Task details =
Copy exactly the lines of the data below that run from the line holding "-- ===== src/Client/Session.antt" through the line holding "pub actions : List Action", both ends included.

(Given entries begins)

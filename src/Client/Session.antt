-- ===== src/Client/Session.antt =====
-- cpp/nsb_test.cc, `testSocketInterface`: the life of a `SocketInterface` of cpp/src/nsb.cc, from
-- its constructor to its destructor.
use nsb_beta.Base.{
  ℕ, ◌≤◌, ◌<◌, ◌≡◌, ap, Bool, true, false, Option, none, some, List, ◌∷◌, ◌++◌, arith, length,
  is_empty, Bytes, codes, ℤ, pos,
}
use nsb_beta.Outcome.{Outcome, ok, ◌>>=◌}
use nsb_beta.Daemon.Recv.{recv_size, recv_calls}
use nsb_beta.Client.Base.{Channel}
use nsb_beta.Client.Socket.{
  Conns, Action, ChannelRun, SendResult, Wait, readable, connect_to_server, new_socket_interface,
  close_connection, send_message, listen_for_message,
}
use nsb_beta.Client.Transfer.{none_fails, taken, send_message_finishes}
use nsb_beta.Client.Connection.{Connected, closing, receive_message_reads, close_connection-connect}

-- `~SocketInterface()`
unfoldable pub destroy_interface : Conns → Outcome (List Action)
unfolding close_connection
destroy_interface conns = close_connection conns

-- What the daemon is given, what is received, and what happens to the sockets at the end.
pub record Session : Type 0 where
  pub delivered : Bytes
  pub response : Bytes
  pub actions : List Action

abbrev pub hello : Bytes
hello = codes "hello"

-- After the response: the connection is closed, and then the destructor runs.
leave : Conns → Bytes → Bytes → Outcome (Option Session)
unfolding destroy_interface
leave conns delivered response = do
  closed ← close_connection conns
  destroyed ← destroy_interface conns
  ok (some (record { delivered = delivered; response = response; actions = closed ++ destroyed }))

-- `testSocketInterface`: the result is not there while a loop still runs.
unfoldable pub test_socket_interface :
    (Channel → ChannelRun) → (ℤ → Bool) → List SendResult → List Wait → Outcome (Option Session)
unfolding new_socket_interface send_message listen_for_message leave
test_socket_interface runs nonblocking calls waits = do
  conns ← new_socket_interface runs nonblocking
  let sent = send_message calls hello
  elim (sent.status) [
    | none ↦ ok none
    | some n ↦ elim (listen_for_message waits) [
      | none ↦ ok none
      | some response ↦ leave conns sent.delivered response
    ]
  ]

-- When the connection succeeds, the calls of `send` together take the whole message and none fails,
-- and some bytes wait when `select` first finds the socket readable, then `testSocketInterface`
-- ends: the daemon has been given the message, every byte that waits has been received, and each
-- channel is shut and closed twice, once by `closeConnection` and once by the destructor.
pub session_ends :
    (runs : Channel → ChannelRun) (nonblocking : ℤ → Bool) (conns : Conns) (acts : List Action)
    (calls : List SendResult) (fuel : ℕ) (waiting : Bytes) (waits : List Wait)
    → connect_to_server runs nonblocking ≡ ok (pos 0, conns, acts)
    → none_fails calls ≡ true
    → length hello ≤ taken calls
    → length waiting < fuel
    → is_empty waiting ≡ false
    → (c : Connected conns) × (test_socket_interface runs nonblocking calls
          (readable (recv_calls fuel recv_size waiting) ∷ waits)
        ≡ ok (
            some
              (record { delivered = hello; response = waiting; actions = closing c ++ closing c })))
unfolding test_socket_interface new_socket_interface listen_for_message leave destroy_interface
session_ends runs nonblocking conns acts calls fuel waiting waits connects passes enough room full =
    let (c, closed) = close_connection-connect runs nonblocking conns acts connects in
    let finishes = send_message_finishes calls hello (omega arith) passes enough in
    let reads = receive_message_reads fuel waiting waits room full in
    let session : Bytes → Session =
      λ bytes. record { delivered = bytes; response = waiting; actions = closing c ++ closing c } in
    (c, rw (connects, finishes, reads, closed) (ap (λ d. ok (some (session d.delivered))) finishes))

(Given entries ends)

Problem solution =
-- ===== src/Client/Session.antt =====
-- cpp/nsb_test.cc, `testSocketInterface`: the life of a `SocketInterface` of cpp/src/nsb.cc, from
-- its constructor to its destructor.
use nsb_beta.Base.{
  ℕ, ◌≤◌, ◌<◌, ◌≡◌, ap, Bool, true, false, Option, none, some, List, ◌∷◌, ◌++◌, arith, length,
  is_empty, Bytes, codes, ℤ, pos,
}
use nsb_beta.Outcome.{Outcome, ok, ◌>>=◌}
use nsb_beta.Daemon.Recv.{recv_size, recv_calls}
use nsb_beta.Client.Base.{Channel}
use nsb_beta.Client.Socket.{
  Conns, Action, ChannelRun, SendResult, Wait, readable, connect_to_server, new_socket_interface,
  close_connection, send_message, listen_for_message,
}
use nsb_beta.Client.Transfer.{none_fails, taken, send_message_finishes}
use nsb_beta.Client.Connection.{Connected, closing, receive_message_reads, close_connection-connect}

-- `~SocketInterface()`
unfoldable pub destroy_interface : Conns → Outcome (List Action)
unfolding close_connection
destroy_interface conns = close_connection conns

-- What the daemon is given, what is received, and what happens to the sockets at the end.
pub record Session : Type 0 where
  pub delivered : Bytes
  pub response : Bytes
  pub actions : List Action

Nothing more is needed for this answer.